Holidays are hard for me. God knows I miss Rachel even more on holidays. I think that's true for everyone who has lost someone special. And when I dye Easter eggs with the kids, I know Rachel will pull up a seat and help out. She's real picky about the intensity of the colors! I'm looking forward to doing the fun stuff even so. Shopping for Baby Luke an Easter outfit...choosing (and eating) Easter basket candy, the aforementioned eggs and the hunting thereof, and everything that goes with it. One of the kids asked me about meeting the Easter Bunny (capitalized because he meant THE one). So I guess a trip to the mall is in order to stand in line.

I found myself talking to Luke tonight about all the fun stuff we're going to do together when the weather gets warmer. Like go to parks, swim, see the beach (his first time!). All the firsts that he has coming up. My new son. New beginnings. Life goes on. And on the days we choose to look for them - and the days that we CAN look - we'll see all sorts of new life and new beginnings.

Saturday, March 01, 2008

Updates

Since I last wrote about baby Luke, he has been hospitalized as inpatient last weekend, has undergone ultrasounds, more x-rays, and a barium enema. Been outpatient once again and seen his pediatrician once more, too. Still no explanation for his tummy pain. He is on a 100% dairy-free diet and using stool softeners twice a day. But here's the miracle of miracles: no more stomachaches in 1 week now! I guess we'll keep the appt with the pediatric gastroenterologist as a just in case and maybe he/she can shed some light on things. But I'm just so relieved the poor baby has not been in pain this week.

An update on prison - well, last month I got urine thrown in my face by an offender. I'll tell the long story later but here's the update on that: now prison security is requiring that I and other medical/mental health staff wear flak jackets when we go on medium or high security cell blocks. I could see if they were requiring face shields but the jackets? So in case you guys don't know what those are, it's a heavy jacket that looks sort of like a life vest. It's not bullet proof but is supposed to keep a shank from going in. Except that the underarms and neck areas are exposed So I guess it keeps a shank from going in to my chest area or between my ribs. I don't feel any safer, just more cumbersome. Ah well, as the signs there say, "security is never convenient."

I've got quite a few things done on my to-do list but somehow it never seems to get any shorter.
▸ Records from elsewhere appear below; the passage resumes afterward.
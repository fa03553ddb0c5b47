-- ===== src/Ghaec2/Scaler/Batch/Collect.antt =====
-- The jobs of a batch, collected by filters, and the loop over the batch that adds them one by one.
use actionsspot.Prelude.{
  String, ◌≡◌, refl, Bool, false, Option, none, some, List, [], ◌∷◌, ◌++◌, str_eq, eq_iff,
  if◌then◌else◌, arith, Bool-cases, inl, inr,
}
use mathlib.Core.List.{append_assoc, append-nil}
use actionsspot.Json.{Json}
use actionsspot.Effect.{Env}
use actionsspot.Ghaec2.Types.{decode_job_available, decode_job_started, decode_job_completed}
use actionsspot.Ghaec2.Scaler.Parse.{
  ParsedMessage, message_type_of, add_typed, add_available, add_started, add_completed, add_message,
  add_messages,
}

abbrev has_type : String → Option String → Bool
has_type t none = false
has_type t (some u) = str_eq u t

-- What decodes of the messages of one type, in the batch's order.
abbrev pub typed {ℓ} : {A : Type ℓ} → String → (Json → Option A) → Json → Option A
typed t f j = if has_type t (message_type_of j) then f j else none

abbrev to_list {ℓ} : {A : Type ℓ} → Option A → List A
to_list none = []
to_list (some a) = a ∷ []

abbrev pub collect {ℓ} : {A : Type ℓ} → (Json → Option A) → List Json → List A
collect f [] = []
collect f (j ∷ js) = to_list (f j) ++ collect f js

module _ (env : Env) where
  abbrev pub extended : List Json → ParsedMessage → ParsedMessage
  extended js p = record {
    statistics = p.statistics;
    jobs_started =
        p.jobs_started ++ collect (typed "JobStarted" (decode_job_started env.valid_time)) js;
    jobs_available = p.jobs_available ++ collect (typed "JobAvailable" decode_job_available) js;
    jobs_completed =
        p.jobs_completed ++ collect (typed "JobCompleted" (decode_job_completed env.valid_time)) js;
  }

  -- The two sides at a given type of the message.
  abbrev added : Json → ParsedMessage → Option String → ParsedMessage
  added j p o = elim o [ none ↦ p | some t ↦ add_typed env t j p ]

  abbrev extended_by : Json → ParsedMessage → Option String → ParsedMessage
  extended_by j p o = record {
    statistics = p.statistics;
    jobs_started =
        p.jobs_started
        ++ (to_list (if has_type "JobStarted" o then decode_job_started env.valid_time j else none)
            ++ []);
    jobs_available =
        p.jobs_available
        ++ (to_list (if has_type "JobAvailable" o then decode_job_available j else none) ++ []);
    jobs_completed =
        p.jobs_completed
        ++ (to_list
              (if has_type "JobCompleted" o then decode_job_completed env.valid_time j else none)
            ++ []);
  }

  unchanged :
      (t : String) (j : Json) (p : ParsedMessage)
      → p ≡ record {
        statistics = p.statistics;
        jobs_started = p.jobs_started ++ [];
        jobs_available = p.jobs_available ++ [];
        jobs_completed = p.jobs_completed ++ [];
      }
  unchanged t j p =
      rw (append-nil p.jobs_started, append-nil p.jobs_available, append-nil p.jobs_completed)

  available_lem :
      (j : Json) (p : ParsedMessage)
      → add_typed env "JobAvailable" j p ≡ extended_by j p (some "JobAvailable")
  available_lem j p =
      rw (append-nil p.jobs_started, append-nil p.jobs_completed)
        (elim (decode_job_available j)
          as (λ o.
            add_available o p
            ≡ record p { jobs_available = p.jobs_available ++ (to_list o ++ []) }) [
              | none ↦ rw (append-nil p.jobs_available)
              | some job ↦ refl
            ])

  started_lem :
      (j : Json) (p : ParsedMessage)
      → add_typed env "JobStarted" j p ≡ extended_by j p (some "JobStarted")
  started_lem j p =
      rw (append-nil p.jobs_available, append-nil p.jobs_completed)
        (elim (decode_job_started env.valid_time j)
          as (λ o.
            add_started o p ≡ record p { jobs_started = p.jobs_started ++ (to_list o ++ []) }) [
              | none ↦ rw (append-nil p.jobs_started)
              | some job ↦ refl
            ])

  completed_lem :
      (j : Json) (p : ParsedMessage)
      → add_typed env "JobCompleted" j p ≡ extended_by j p (some "JobCompleted")
  completed_lem j p =
      rw (append-nil p.jobs_started, append-nil p.jobs_available)
        (elim (decode_job_completed env.valid_time j)
          as (λ o.
            add_completed o p
            ≡ record p { jobs_completed = p.jobs_completed ++ (to_list o ++ []) }) [
              | none ↦ rw (append-nil p.jobs_completed)
              | some job ↦ refl
            ])

  typed_lem :
      (t : String) (j : Json) (p : ParsedMessage) → add_typed env t j p ≡ extended_by j p (some t)
  typed_lem t j p = elim (Bool-cases (str_eq t "JobAvailable")) [
    | inl e ↦ rw ((eq_iff t "JobAvailable").0 e) (available_lem j p)
    | inr a ↦ elim (Bool-cases (str_eq t "JobStarted")) [
      | inl e ↦ rw ((eq_iff t "JobStarted").0 e) (started_lem j p)
      | inr b ↦ elim (Bool-cases (str_eq t "JobCompleted")) [
        | inl e ↦ rw ((eq_iff t "JobCompleted").0 e) (completed_lem j p)
        | inr c ↦ rw (a, b, c) (unchanged t j p)
      ]
    ]
  ]

  add_message_lem : (j : Json) (p : ParsedMessage) → add_message env j p ≡ extended (j ∷ []) p
  unfolding add_message
  add_message_lem j p = elim (message_type_of j) as (λ o. added j p o ≡ extended_by j p o) [
    | none ↦
        ground (
          arith,
          append-nil p.jobs_started,
          append-nil p.jobs_available,
          append-nil p.jobs_completed,
        )
    | some t ↦ typed_lem t j p
  ]

  pub add_messages_lem :
      (js : List Json) (p : ParsedMessage) → add_messages env js p ≡ extended js p
  unfolding add_messages
  add_messages_lem [] p =
      ground
        (arith, append-nil p.jobs_started, append-nil p.jobs_available, append-nil p.jobs_completed)
  add_messages_lem (j ∷ js) p =
      rw (add_message_lem j p, add_messages_lem js (extended (j ∷ []) p)) (simp append_assoc)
More things keep getting added and it wouldn't be so bad if there weren't time constraints on them. I'm doing the best I can, though, and have to refrain from panicking. Sometimes I look at couples and think how nice it would be to have two people to do the things that are required to run a home and family. I know that's not the reason to be a couple and I also know what obligations come with a relationship. Still, I wonder if I'll ever be part of a couple again. And I wonder if I'll ever be willing to pay the price. Until then, it's me and Luke. And a grandchild here or there.

Today, my 5-year-old grandson had his birthday party. It was one of those elaborate pizza/game/indoor go-cart deals. I kept thinking that his mom would be so proud of him. I know she is still but there's always this huge gaping hole in any room when we're together as a family. Her vibrant, fun little self always added so much to any occasion. There are so many "firsts" to get through when grieving. The first Halloween, Thanksgiving, Christmas, children's birthdays, Valentine's Day...and then more to come. Rachel and I always had such fun with planning, decorating and baking for holidays. I am doing the best I can to keep the traditions going myself. I wonder if the second time around things will get any easier. She's been gone 6 months today.